Re: [JFA2840@idahopower.com: Ammonia from electricity]
- To: JFA2840 at idahopower dot com
- Subject: Re: [JFA2840@idahopower.com: Ammonia from electricity]
- From: The Butterfly <salsbury at bootstrap dot sculptors dot com>
- Date: Wed, 13 May 1998 12:48:43 -0700
- Cc: fuel-cells at sculptors dot com, floating-cities at sculptors dot com
- In-reply-to: <199805131656.JAA15952@bootstrap.sculptors.com> (message from The Butterfly on Wed, 13 May 1998 09:56:18 -0700)
Note: I'm CC:'ing this to the floating-cities list, as one of the major
industries of a floating city will probably be ammonia production. Also,
floating cities will be able to easily use the great pressures and cooling
capabilities of the ocean to help along the process in an economical way.

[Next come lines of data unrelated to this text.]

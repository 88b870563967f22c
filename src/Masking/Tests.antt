-- ===== src/Masking/Tests.antt =====
-- Runs of the compensators of src/fieldtrue/masking.py, and a concrete case of their theorem.
use inbar.Prelude.{
  All, length, Bool, true, false, is_identifier, is_hex, same_text, ℕ, ◌+◌, ◌*◌, String, List, [],
  ◌∷◌, ◌≡◌, refl, Result, ok,
}
use inbar.Domain.{ℤ, pos, negsuc}
use inbar.Laboratory.{
  GradedFaultConfig, Mechanism, actuator_loss, sensor_bias, gain_drift, actuator_deadband,
  Randomness,
}
use inbar.Masking.Recompute.{
  MaskingResult, recompute_masking_result, summary_of, sum_of, cells_where,
}
use inbar.Masking.Exact.{recompute_masking_result-IsSummary, IsSummary}
use inbar.Masking.{MaskingCell, resolvable_pre, masking_event, integrating, family_action}
use inbar.Masking.Commands.{IsSafePlan, family_action-IsSafePlan}

class_name : Mechanism → String
class_name actuator_loss = "a"
class_name sensor_bias = "b"
class_name gain_drift = "c"
class_name actuator_deadband = "d"

abbrev randomness : Randomness
randomness = record {
  class_key = class_name;
  noise = λ seed step. seed + 7 * step;
  nuisance = λ seed. seed;
}

abbrev config : GradedFaultConfig
config = record {
  gain = pos 90;
  drive = pos 50;
  bias = pos 10;
  steps = 3;
  actuation_lag_ppm = 300_000;
  noise_amplitude = 4;
  noise_ppm = 40_000;
  nuisance_amplitude = 8;
}

abbrev trace : List ℤ
trace = pos 60 ∷ pos 40 ∷ negsuc 19 ∷ []

-- Every step's shortfall counts.
integrated :
    family_action integrating randomness config (pos 100) trace (pos 50) (pos 40)
    ≡ ok (pos 97 ∷ pos 97 ∷ pos 97 ∷ [])
unfolding family_action inbar.Prelude.string_discrete class_name
integrated = refl

family_action-IsSafePlan_example : IsSafePlan 3 (pos 97 ∷ pos 97 ∷ pos 97 ∷ [])
family_action-IsSafePlan_example =
    family_action-IsSafePlan randomness config (pos 100) trace (pos 50) integrating (pos 40)
      (pos 97 ∷ pos 97 ∷ pos 97 ∷ []) integrated

abbrev cell : String → ℕ → ℕ → MaskingCell
cell key before after = record {
  mechanism_key = key;
  severity = pos 50;
  seed = 1;
  commanded_correction = pos 60;
  separability_pre_permille = before;
  separability_post_permille = after;
}

abbrev measured : List MaskingCell
measured = cell "b" 1200 900 ∷ cell "a" 400 100 ∷ cell "b" 1500 1300 ∷ cell "b" 1100 1000 ∷ []

abbrev plan_hash : String
plan_hash = "0123456789abcdef0123456789abcdef0123456789abcdef0123456789abcdef"

abbrev hash_of_config : GradedFaultConfig → String
hash_of_config c = plan_hash

-- The median of 300, 200 and 100, one masked of three that could be.
summary_of_b :
    summary_of "b" (cell "b" 1200 900 ∷ cell "b" 1500 1300 ∷ cell "b" 1100 1000 ∷ []) ≡ record {
      mechanism_key = "b";
      cells_total = 3;
      cells_resolvable_pre = 3;
      cells_excluded_unresolvable_pre = 0;
      masking_events = 1;
      median_masking_index_permille = pos 200;
    }
unfolding summary_of inbar.Sorting.insert inbar.Integer.◌-ℤ◌
summary_of_b = refl

identifier_fits : is_identifier "masking-1" ≡ true
unfolding is_identifier
identifier_fits = refl

hash_fits : is_hex 64 plan_hash ≡ true
unfolding is_hex
hash_fits = refl

named_b : same_text "b" "" ≡ false
unfolding inbar.Prelude.string_discrete
named_b = refl

named_a : same_text "a" "" ≡ false
unfolding inbar.Prelude.string_discrete
named_a = refl

recompute_masking_result-IsSummary_example :
    (r : MaskingResult) × (recompute_masking_result hash_of_config "masking-1" measured plan_hash
        config
        (pos 40)
      ≡ ok r)
    × (r.cells_total ≡ length measured)
    × (r.cells_resolvable_pre ≡ length (cells_where resolvable_pre measured))
    × (r.masking_events ≡ length (cells_where masking_event measured))
    × All (IsSummary measured) r.per_mechanism
    × (sum_of (λ s. s.cells_total) r.per_mechanism ≡ length measured)
recompute_masking_result-IsSummary_example =
    recompute_masking_result-IsSummary hash_of_config "masking-1" (cell "b" 1200 900)
      (cell "a" 400 100 ∷ cell "b" 1500 1300 ∷ cell "b" 1100 1000 ∷ []) plan_hash config (pos 40)
      identifier_fits hash_fits hash_fits (named_b, (named_a, (named_b, (named_b, tt))))
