-- ===== src/Chat/State.antt =====
-- The state of the chat workspace in frontend/components/admin/chat-workspace.tsx, with the refs that
-- its calls read, and the updates of a conversation that is left. Indicators of the page (drag, scroll,
-- clipboard, quota) are not part of it.
use gx_notion2api.Prelude.{
  ℕ, ◌+◌, Bool, true, false, Option, none, some, List, [], ◌∷◌, ◌++◌, Text, txt, if◌then◌else◌, any,
}
use gx_notion2api.Types.Conversations.{ConversationMessage}
use gx_notion2api.Chat.Attachments.{ChatFile}
use gx_notion2api.Chat.Targets.{Target, auto, ChatTarget, target_eq}

-- `abort_ref` is `none` where `abortRef` is null, else it tells whether the controller is aborted.
-- `toasts` are the notices given so far.
pub record ChatState : Type 0 where
  pub prompt : Text
  pub model : Text
  pub use_web_search : Bool
  pub conversation_id : Text
  pub remote_only : Bool
  pub messages : List ConversationMessage
  pub files : List ChatFile
  pub loading : Bool
  pub load_failed : Bool
  pub remote_running : Bool
  pub running : Bool
  pub error : Text
  pub target : Target
  pub owner : Text
  pub title : Text
  pub mobile_open : Bool
  pub quota_open : Bool
  pub renaming_id : Text
  pub rename_value : Text
  pub editing_id : Text
  pub edit_value : Text
  pub busy_id : Text
  pub saving_edit : Bool
  pub abort_ref : Option Bool
  pub load_revision : ℕ
  pub active_conversation_ref : Text
  pub mounted : Bool
  pub toasts : List Text

-- The first render, once it is mounted and the saved session, if any, is restored without one
abbrev pub fresh_chat : Text → Bool → ChatState
fresh_chat model use_web_search = record {
  prompt = [];
  model = model;
  use_web_search = use_web_search;
  conversation_id = [];
  remote_only = false;
  messages = [];
  files = [];
  loading = false;
  load_failed = false;
  remote_running = false;
  running = false;
  error = [];
  target = auto;
  owner = [];
  title = txt "新对话";
  mobile_open = false;
  quota_open = false;
  renaming_id = [];
  rename_value = [];
  editing_id = [];
  edit_value = [];
  busy_id = [];
  saving_edit = false;
  abort_ref = none;
  load_revision = 0;
  active_conversation_ref = [];
  mounted = true;
  toasts = [];
}

abbrev pub toast : Text → ChatState → ChatState
toast notice s = record s { toasts = s.toasts ++ notice ∷ [] }

unfoldable pub cancel_rename : ChatState → ChatState
cancel_rename s = record s { renaming_id = []; rename_value = [] }

unfoldable pub cancel_edit : ChatState → ChatState
cancel_edit s = record s { editing_id = []; edit_value = [] }

abbrev pub is_held : Option Bool → Bool
is_held none = false
is_held (some aborted) = true

-- `if (!targets.some((item) => item.id === target)) setTarget('auto')`
abbrev pub kept_target : List ChatTarget → Target → Target
kept_target targets target = if any (λ item. target_eq item.id target) targets then target else auto

abbrev pub reset : List ChatTarget → Text → ChatState → ChatState
reset targets draft s = record s {
  load_revision = s.load_revision + 1;
  active_conversation_ref = [];
  conversation_id = [];
  messages = [];
  owner = [];
  title = txt "新对话";
  error = [];
  prompt = draft;
  files = [];
  loading = false;
  load_failed = false;
  remote_running = false;
  mobile_open = false;
  quota_open = false;
  remote_only = false;
  renaming_id = [];
  rename_value = [];
  editing_id = [];
  edit_value = [];
  target = kept_target targets s.target;
}

-- `resetConversation`; `startNew` is the case of no draft.
unfoldable pub reset_conversation : List ChatTarget → Text → ChatState → ChatState
reset_conversation targets draft s = if is_held s.abort_ref then s else reset targets draft s

-- The effect that mirrors the conversation into its ref, and unmounting
unfoldable pub sync_active : ChatState → ChatState
sync_active s = record s { active_conversation_ref = s.conversation_id }

-- `abortRef.current?.abort()`
abbrev pub aborted : Option Bool → Option Bool
aborted none = none
aborted (some _) = some true

unfoldable pub stop : ChatState → ChatState
stop s = record s { abort_ref = aborted s.abort_ref }

unfoldable pub unmount_chat : ChatState → ChatState
unmount_chat s = record s {
  mounted = false;
  load_revision = s.load_revision + 1;
  abort_ref = aborted s.abort_ref;
}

If there are any chemists reading this, please check my math, as I'm still
learning this stuff.
-Date: Fri, 01 May 1998 09:15:18 -0600
-From: Jim Ashworth <JFA2840 at idahopower dot com>
-Reply-To: JFA2840 at idahopower dot com
-Organization: Idaho Power Company
-To: salsbury at sculptors dot com
-Subject: Ammonia from electricity
-Could you tell me who I can talk to about comparing the cost of
-producing ammonia from natural gas verses using a hydrogen generating
-fuel cell powered by electricity through electolysis.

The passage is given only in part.